##### Supplied data

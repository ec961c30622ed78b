-- ===== src/Tests/Spending.antt =====
-- Unlocking with coins (backend/apps/wallet).
use shortform_streaming.Prelude.{
  ◌≡◌, refl, true, not, ◌&&◌, ◌||◌, arith, is_some, List, none, some, [], ◌∷◌,
}
use shortform_streaming.Prelude.Int.{pos, negsuc, ◌+ℤ◌}
use shortform_streaming.Model.{
  CoinUnlock, CoinUnlockCancellation, UserProfile, LoadedEpisode, Store, EntitlementSource, Kind,
  Error, ok, err, ◌>>=◌,
}
use shortform_streaming.Catalog.Episodes.{episode_is_eligible, lock_episode_by_public_id}
use shortform_streaming.Catalog.Rights.{series_is_admitted}
use shortform_streaming.Catalog.Context.{
  LaunchContext, resolve_launch_context, valid_scope, territory_codes, language_codes,
  platform_codes, storefront_codes,
}
use shortform_streaming.Prelude.{matches_nonspace, has_text, words}
use shortform_streaming.Catalog.Eligibility.{
  series_is_eligible, in_eligible_series_queryset, is_published, has_metadata,
}
use shortform_streaming.Accounts.{lock_current_profile, current_profile, is_deleted}
use shortform_streaming.Entitlements.Policy.{
  LockReason, evaluate_authorize_access, resolve_episode_policy, entitlement_source,
  coin_spending_enabled, episode_is_free,
}
use shortform_streaming.Wallet.Ledger.{
  get_or_create_wallet, create_entry, create_unlock, accepts_unlock, create_cancellation,
  accepts_cancellation, is_attached, find_unlock, find_cancellation, wallet_of, wallet_balance,
  balance,
}
use shortform_streaming.Wallet.Unlocks.{
  UnlockRequest, unlock_episode, is_grant, is_ineligible, offer_holds, completed, cancelled,
  resolve_unlock, profile_unlock, profile_cancellation,
}
use shortform_streaming.Wallet.Charging.{unlock_episode_effect, UnlockEffect}
use shortform_streaming.Entitlements.Offers.{
  OfferMethod, OfferMethodType, offer_method, offers_locked, offers_of, locked_methods,
  evaluate_episode_offers,
}
use shortform_streaming.Entitlements.Decisions.{access_decision, coin_offer_holds, is_entitled}
use shortform_streaming.Wallet.Requests.{unlock_retry, resolve_after_unlock}
use shortform_streaming.Wallet.Cancelled.{cancelled_never_completes}
use shortform_streaming.Wallet.Balance.{IsLedgerSafe}
use shortform_streaming.Service.{start, next, unlocking}
use shortform_streaming.Service.Histories.{Reach-IsLedgerSafe}
use shortform_streaming.Catalog.Gate.{IsPlayable, episode_is_eligible-IsPlayable}
use shortform_streaming.Catalog.Agreement.{IsReadAlike, series_query-eq-admission}
use shortform_streaming.Tests.World.{environment, settings, loaded, series, profile, db}

abbrev pub request : UnlockRequest
request = record {
  episode_id = 10;
  request_id = 100;
  expected_policy_version = 51;
  expected_coin_price = 5;
}

abbrev pub receipt : CoinUnlock
receipt = record {
  wallet = 1;
  request_id = 100;
  episode_public_id = 10;
  policy_version = 51;
  expected_coin_price = 5;
  charged_coins = 5;
  ledger_entry = some 1001;
}

abbrev pub after : Store
after = record db {
  entries =
      record {
        pk = 1001;
        wallet = 1;
        reference = 1000;
        kind = Kind.unlock;
        amount = negsuc 4;
        created_at = 7;
      }
      ∷ db.entries;
  unlocks = receipt ∷ [];
  entitlements = record { user_profile = 1; episode = 1; source = EntitlementSource.coin } ∷ [];
  next_id = 1002;
}

pub eligible : episode_is_eligible settings db 7 loaded ≡ true
unfolding episode_is_eligible series_is_eligible series_is_admitted resolve_launch_context has_text
    matches_nonspace words valid_scope territory_codes language_codes platform_codes
    storefront_codes
eligible = refl

pub unlocked : unlock_episode environment 7 7 profile request db ≡ ok (receipt, pos 15) after
unfolding unlock_episode lock_current_profile profile_unlock profile_cancellation wallet_of
    coin_spending_enabled find_unlock find_cancellation lock_episode_by_public_id
    get_or_create_wallet evaluate_authorize_access resolve_episode_policy entitlement_source
    wallet_balance balance create_entry create_unlock accepts_unlock episode_is_free ◌+ℤ◌ ◌>>=◌
    episode_is_eligible series_is_eligible series_is_admitted resolve_launch_context has_text words
    valid_scope territory_codes language_codes platform_codes storefront_codes matches_nonspace
unlocked = refl

unlock_episode_effect_example :
    (p : UserProfile) × (e : LoadedEpisode) × (current_profile environment profile db ≡ some p)
    × (lock_episode_by_public_id db 10 ≡ some e)
    × UnlockEffect environment p e request db after receipt
unlock_episode_effect_example =
    unlock_episode_effect environment 7 7 profile request db after receipt (pos 15) unlocked

pub current : current_profile environment profile db ≡ some profile
unfolding current_profile is_deleted
current = refl

pub locked : lock_episode_by_public_id db 10 ≡ some loaded
unfolding lock_episode_by_public_id
locked = refl

eligible_after : episode_is_eligible settings after 9 loaded ≡ true
unfolding episode_is_eligible series_is_eligible series_is_admitted resolve_launch_context has_text
    matches_nonspace words valid_scope territory_codes language_codes platform_codes
    storefront_codes
eligible_after = refl

granted_after :
    is_grant (evaluate_authorize_access environment after 9 loaded (some profile)) ≡ true
unfolding evaluate_authorize_access entitlement_source
granted_after = rw eligible_after refl

unlock_retry_example :
    unlock_episode environment 9 9 profile request after ≡ ok (receipt, pos 15) after
unlock_retry_example =
    unlock_retry environment 7 7 profile request db after receipt (pos 15) unlocked 9 9 profile
      loaded current locked eligible_after granted_after

resolve_after_unlock_example :
    resolve_unlock environment profile request after ≡ ok (completed receipt, pos 15) after
resolve_after_unlock_example =
    resolve_after_unlock environment 7 7 profile request db after receipt (pos 15) unlocked

abbrev cancellation : CoinUnlockCancellation
cancellation = record {
  wallet = 1;
  request_id = 100;
  episode_public_id = 10;
  policy_version = 51;
  expected_coin_price = 5;
}

abbrev closed : Store
closed = record db { cancellations = cancellation ∷ [] }

resolved :
    resolve_unlock environment profile request db ≡ ok (cancelled cancellation, pos 20) closed
unfolding resolve_unlock lock_current_profile coin_spending_enabled get_or_create_wallet wallet_of
    find_unlock find_cancellation create_cancellation accepts_cancellation is_attached
    wallet_balance balance ◌+ℤ◌ ◌>>=◌
resolved = refl

cancelled_never_completes_example :
    unlock_episode environment 9 9 profile request closed ≡ err Error.coin_unavailable
cancelled_never_completes_example =
    cancelled_never_completes environment profile request db closed cancellation (pos 20) resolved 9
      9 request refl

safe : IsLedgerSafe db
unfolding balance ◌+ℤ◌
safe = record { nonneg = λ w. ground arith; bounded = λ w. ground arith }

Reach-IsLedgerSafe_example : IsLedgerSafe after
Reach-IsLedgerSafe_example =
    Reach-IsLedgerSafe environment db after
      (next start (unlocking 7 7 profile request (receipt, pos 15) unlocked)) safe

access_decision_example :
    (is_ineligible (evaluate_authorize_access environment db 7 loaded (some profile))
      ≡ not (episode_is_eligible settings db 7 loaded))
    × (is_grant (evaluate_authorize_access environment db 7 loaded (some profile)) ≡ (
        episode_is_eligible settings db 7 loaded
        && (is_entitled db (some profile) 1 || episode_is_free environment loaded)))
access_decision_example = access_decision environment db 7 loaded (some profile)

abbrev methods : List OfferMethod
methods = offer_method OfferMethodType.rewarded_ad ∷ offer_method OfferMethodType.coin ∷ []

offered :
    evaluate_episode_offers environment db 7 loaded (some profile)
    ≡ offers_locked (LockReason.entitlement_required ∷ []) methods 51 (some 5)
unfolding evaluate_episode_offers offers_of locked_methods evaluate_authorize_access
    entitlement_source episode_is_free resolve_episode_policy coin_spending_enabled
offered = rw eligible refl

coin_offer_holds_example :
    (coin_spending_enabled environment ≡ true)
    × (is_some (some profile) ≡ true)
    × ((resolve_episode_policy environment loaded).coin_price ≡ some 5)
    × (offer_holds (resolve_episode_policy environment loaded) 5 request ≡ true)
coin_offer_holds_example =
    coin_offer_holds environment db 7 loaded (some profile) (LockReason.entitlement_required ∷ [])
      methods 51 (some 5) request offered refl refl refl

episode_is_eligible-IsPlayable_example : IsPlayable settings db 7 loaded
episode_is_eligible-IsPlayable_example =
    episode_is_eligible-IsPlayable settings db 7 loaded eligible

abbrev context : LaunchContext
context = record {
  country = "FR";
  platform = "android";
  storefront = "google_play";
  language = "en";
  audience_segment = none;
}

launched : resolve_launch_context settings ≡ some context
unfolding resolve_launch_context has_text matches_nonspace words
launched = refl

provenance_alike : series.self_owned ≡ true → IsReadAlike db.regex_space series.provenance_reference
unfolding has_text matches_nonspace
provenance_alike own = refl

series_query-eq-admission_example : in_eligible_series_queryset settings db 7 series ≡ (
    is_published series.publication_status
    && (series_is_admitted settings db 7 series none
        && has_metadata db.regex_space "en" series.title series.synopsis series.translations))
series_query-eq-admission_example =
    series_query-eq-admission settings db 7 series context launched provenance_alike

##########

--- Your assignment ---
Find each line in the material above that carries the string "LaunchContext", and copy it.

--- Solution to the exercise ---
  LaunchContext, resolve_launch_context, valid_scope, territory_codes, language_codes,
abbrev context : LaunchContext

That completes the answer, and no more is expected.